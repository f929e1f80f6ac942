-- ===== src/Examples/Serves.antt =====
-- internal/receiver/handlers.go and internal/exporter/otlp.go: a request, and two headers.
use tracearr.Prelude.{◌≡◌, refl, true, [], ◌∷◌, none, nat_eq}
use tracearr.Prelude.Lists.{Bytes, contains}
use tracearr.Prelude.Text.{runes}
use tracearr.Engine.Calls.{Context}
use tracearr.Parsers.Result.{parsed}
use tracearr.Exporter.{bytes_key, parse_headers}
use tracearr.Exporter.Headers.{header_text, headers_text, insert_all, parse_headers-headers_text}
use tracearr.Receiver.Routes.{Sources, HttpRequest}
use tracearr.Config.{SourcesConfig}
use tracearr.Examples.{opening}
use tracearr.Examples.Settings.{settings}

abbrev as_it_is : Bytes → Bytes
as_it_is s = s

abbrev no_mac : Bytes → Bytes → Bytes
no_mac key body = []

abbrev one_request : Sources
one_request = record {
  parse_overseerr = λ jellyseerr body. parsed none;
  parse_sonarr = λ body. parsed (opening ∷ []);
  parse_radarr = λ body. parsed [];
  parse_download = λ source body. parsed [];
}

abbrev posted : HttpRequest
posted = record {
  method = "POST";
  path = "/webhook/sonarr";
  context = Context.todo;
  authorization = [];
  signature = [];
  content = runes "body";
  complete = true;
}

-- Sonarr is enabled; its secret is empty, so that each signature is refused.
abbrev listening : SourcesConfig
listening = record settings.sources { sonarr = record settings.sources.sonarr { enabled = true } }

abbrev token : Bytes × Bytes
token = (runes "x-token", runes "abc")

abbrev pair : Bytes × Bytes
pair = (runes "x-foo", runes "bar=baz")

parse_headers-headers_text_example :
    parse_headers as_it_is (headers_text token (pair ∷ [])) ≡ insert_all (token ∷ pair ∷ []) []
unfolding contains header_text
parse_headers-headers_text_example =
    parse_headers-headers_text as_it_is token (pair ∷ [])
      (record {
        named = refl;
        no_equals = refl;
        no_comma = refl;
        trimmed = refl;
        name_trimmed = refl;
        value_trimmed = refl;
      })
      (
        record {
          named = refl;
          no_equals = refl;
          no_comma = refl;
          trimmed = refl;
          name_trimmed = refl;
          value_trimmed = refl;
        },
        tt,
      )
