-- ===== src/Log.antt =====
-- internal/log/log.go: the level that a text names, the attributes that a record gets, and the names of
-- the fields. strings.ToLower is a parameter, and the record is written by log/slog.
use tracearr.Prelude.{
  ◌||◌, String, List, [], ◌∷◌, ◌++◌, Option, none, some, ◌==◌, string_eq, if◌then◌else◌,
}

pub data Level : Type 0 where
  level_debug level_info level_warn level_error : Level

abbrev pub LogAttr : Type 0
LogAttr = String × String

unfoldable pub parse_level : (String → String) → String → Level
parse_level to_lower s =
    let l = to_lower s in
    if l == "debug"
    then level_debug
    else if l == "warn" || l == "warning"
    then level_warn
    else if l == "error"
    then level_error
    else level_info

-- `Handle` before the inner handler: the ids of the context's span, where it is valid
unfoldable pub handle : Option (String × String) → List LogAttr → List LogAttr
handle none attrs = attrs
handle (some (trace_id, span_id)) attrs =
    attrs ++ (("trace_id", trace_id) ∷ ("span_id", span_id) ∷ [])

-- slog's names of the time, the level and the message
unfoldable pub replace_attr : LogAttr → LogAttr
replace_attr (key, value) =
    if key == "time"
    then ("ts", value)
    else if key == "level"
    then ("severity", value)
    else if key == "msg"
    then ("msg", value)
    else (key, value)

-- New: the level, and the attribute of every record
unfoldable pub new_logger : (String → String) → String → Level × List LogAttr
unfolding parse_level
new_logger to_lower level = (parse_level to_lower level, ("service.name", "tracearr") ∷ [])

---

ACTIVITY - Retype the material word for word, including every line.

SOLUTION BELOW -
repository f929e1f80f6ac942
-- ===== src/Examples/Serves.antt =====
-- internal/receiver/handlers.go and internal/exporter/otlp.go: a request, and two headers.
use tracearr.Prelude.{◌≡◌, refl, true, [], ◌∷◌, none, nat_eq}
use tracearr.Prelude.Lists.{Bytes, contains}
use tracearr.Prelude.Text.{runes}
use tracearr.Engine.Calls.{Context}
use tracearr.Parsers.Result.{parsed}
use tracearr.Exporter.{bytes_key, parse_headers}
use tracearr.Exporter.Headers.{header_text, headers_text, insert_all, parse_headers-headers_text}
use tracearr.Receiver.Routes.{Sources, HttpRequest}
use tracearr.Config.{SourcesConfig}
use tracearr.Examples.{opening}
use tracearr.Examples.Settings.{settings}

abbrev as_it_is : Bytes → Bytes
as_it_is s = s

abbrev no_mac : Bytes → Bytes → Bytes
no_mac key body = []

abbrev one_request : Sources
one_request = record {
  parse_overseerr = λ jellyseerr body. parsed none;
  parse_sonarr = λ body. parsed (opening ∷ []);
  parse_radarr = λ body. parsed [];
  parse_download = λ source body. parsed [];
}

abbrev posted : HttpRequest
posted = record {
  method = "POST";
  path = "/webhook/sonarr";
  context = Context.todo;
  authorization = [];
  signature = [];
  content = runes "body";
  complete = true;
}

-- Sonarr is enabled; its secret is empty, so that each signature is refused.
abbrev listening : SourcesConfig
listening = record settings.sources { sonarr = record settings.sources.sonarr { enabled = true } }

abbrev token : Bytes × Bytes
token = (runes "x-token", runes "abc")

abbrev pair : Bytes × Bytes
pair = (runes "x-foo", runes "bar=baz")

parse_headers-headers_text_example :
    parse_headers as_it_is (headers_text token (pair ∷ [])) ≡ insert_all (token ∷ pair ∷ []) []
unfolding contains header_text
parse_headers-headers_text_example =
    parse_headers-headers_text as_it_is token (pair ∷ [])
      (record {
        named = refl;
        no_equals = refl;
        no_comma = refl;
        trimmed = refl;
        name_trimmed = refl;
        value_trimmed = refl;
      })
      (
        record {
          named = refl;
          no_equals = refl;
          no_comma = refl;
          trimmed = refl;
          name_trimmed = refl;
          value_trimmed = refl;
        },
        tt,
      )
-- ===== src/Log.antt =====
-- internal/log/log.go: the level that a text names, the attributes that a record gets, and the names of
-- the fields. strings.ToLower is a parameter, and the record is written by log/slog.
use tracearr.Prelude.{
  ◌||◌, String, List, [], ◌∷◌, ◌++◌, Option, none, some, ◌==◌, string_eq, if◌then◌else◌,
}

pub data Level : Type 0 where
  level_debug level_info level_warn level_error : Level

abbrev pub LogAttr : Type 0
LogAttr = String × String

unfoldable pub parse_level : (String → String) → String → Level
parse_level to_lower s =
    let l = to_lower s in
    if l == "debug"
    then level_debug
    else if l == "warn" || l == "warning"
    then level_warn
    else if l == "error"
    then level_error
    else level_info

-- `Handle` before the inner handler: the ids of the context's span, where it is valid
unfoldable pub handle : Option (String × String) → List LogAttr → List LogAttr
handle none attrs = attrs
handle (some (trace_id, span_id)) attrs =
    attrs ++ (("trace_id", trace_id) ∷ ("span_id", span_id) ∷ [])

-- slog's names of the time, the level and the message
unfoldable pub replace_attr : LogAttr → LogAttr
replace_attr (key, value) =
    if key == "time"
    then ("ts", value)
    else if key == "level"
    then ("severity", value)
    else if key == "msg"
    then ("msg", value)
    else (key, value)

-- New: the level, and the attribute of every record
unfoldable pub new_logger : (String → String) → String → Level × List LogAttr
unfolding parse_level
new_logger to_lower level = (parse_level to_lower level, ("service.name", "tracearr") ∷ [])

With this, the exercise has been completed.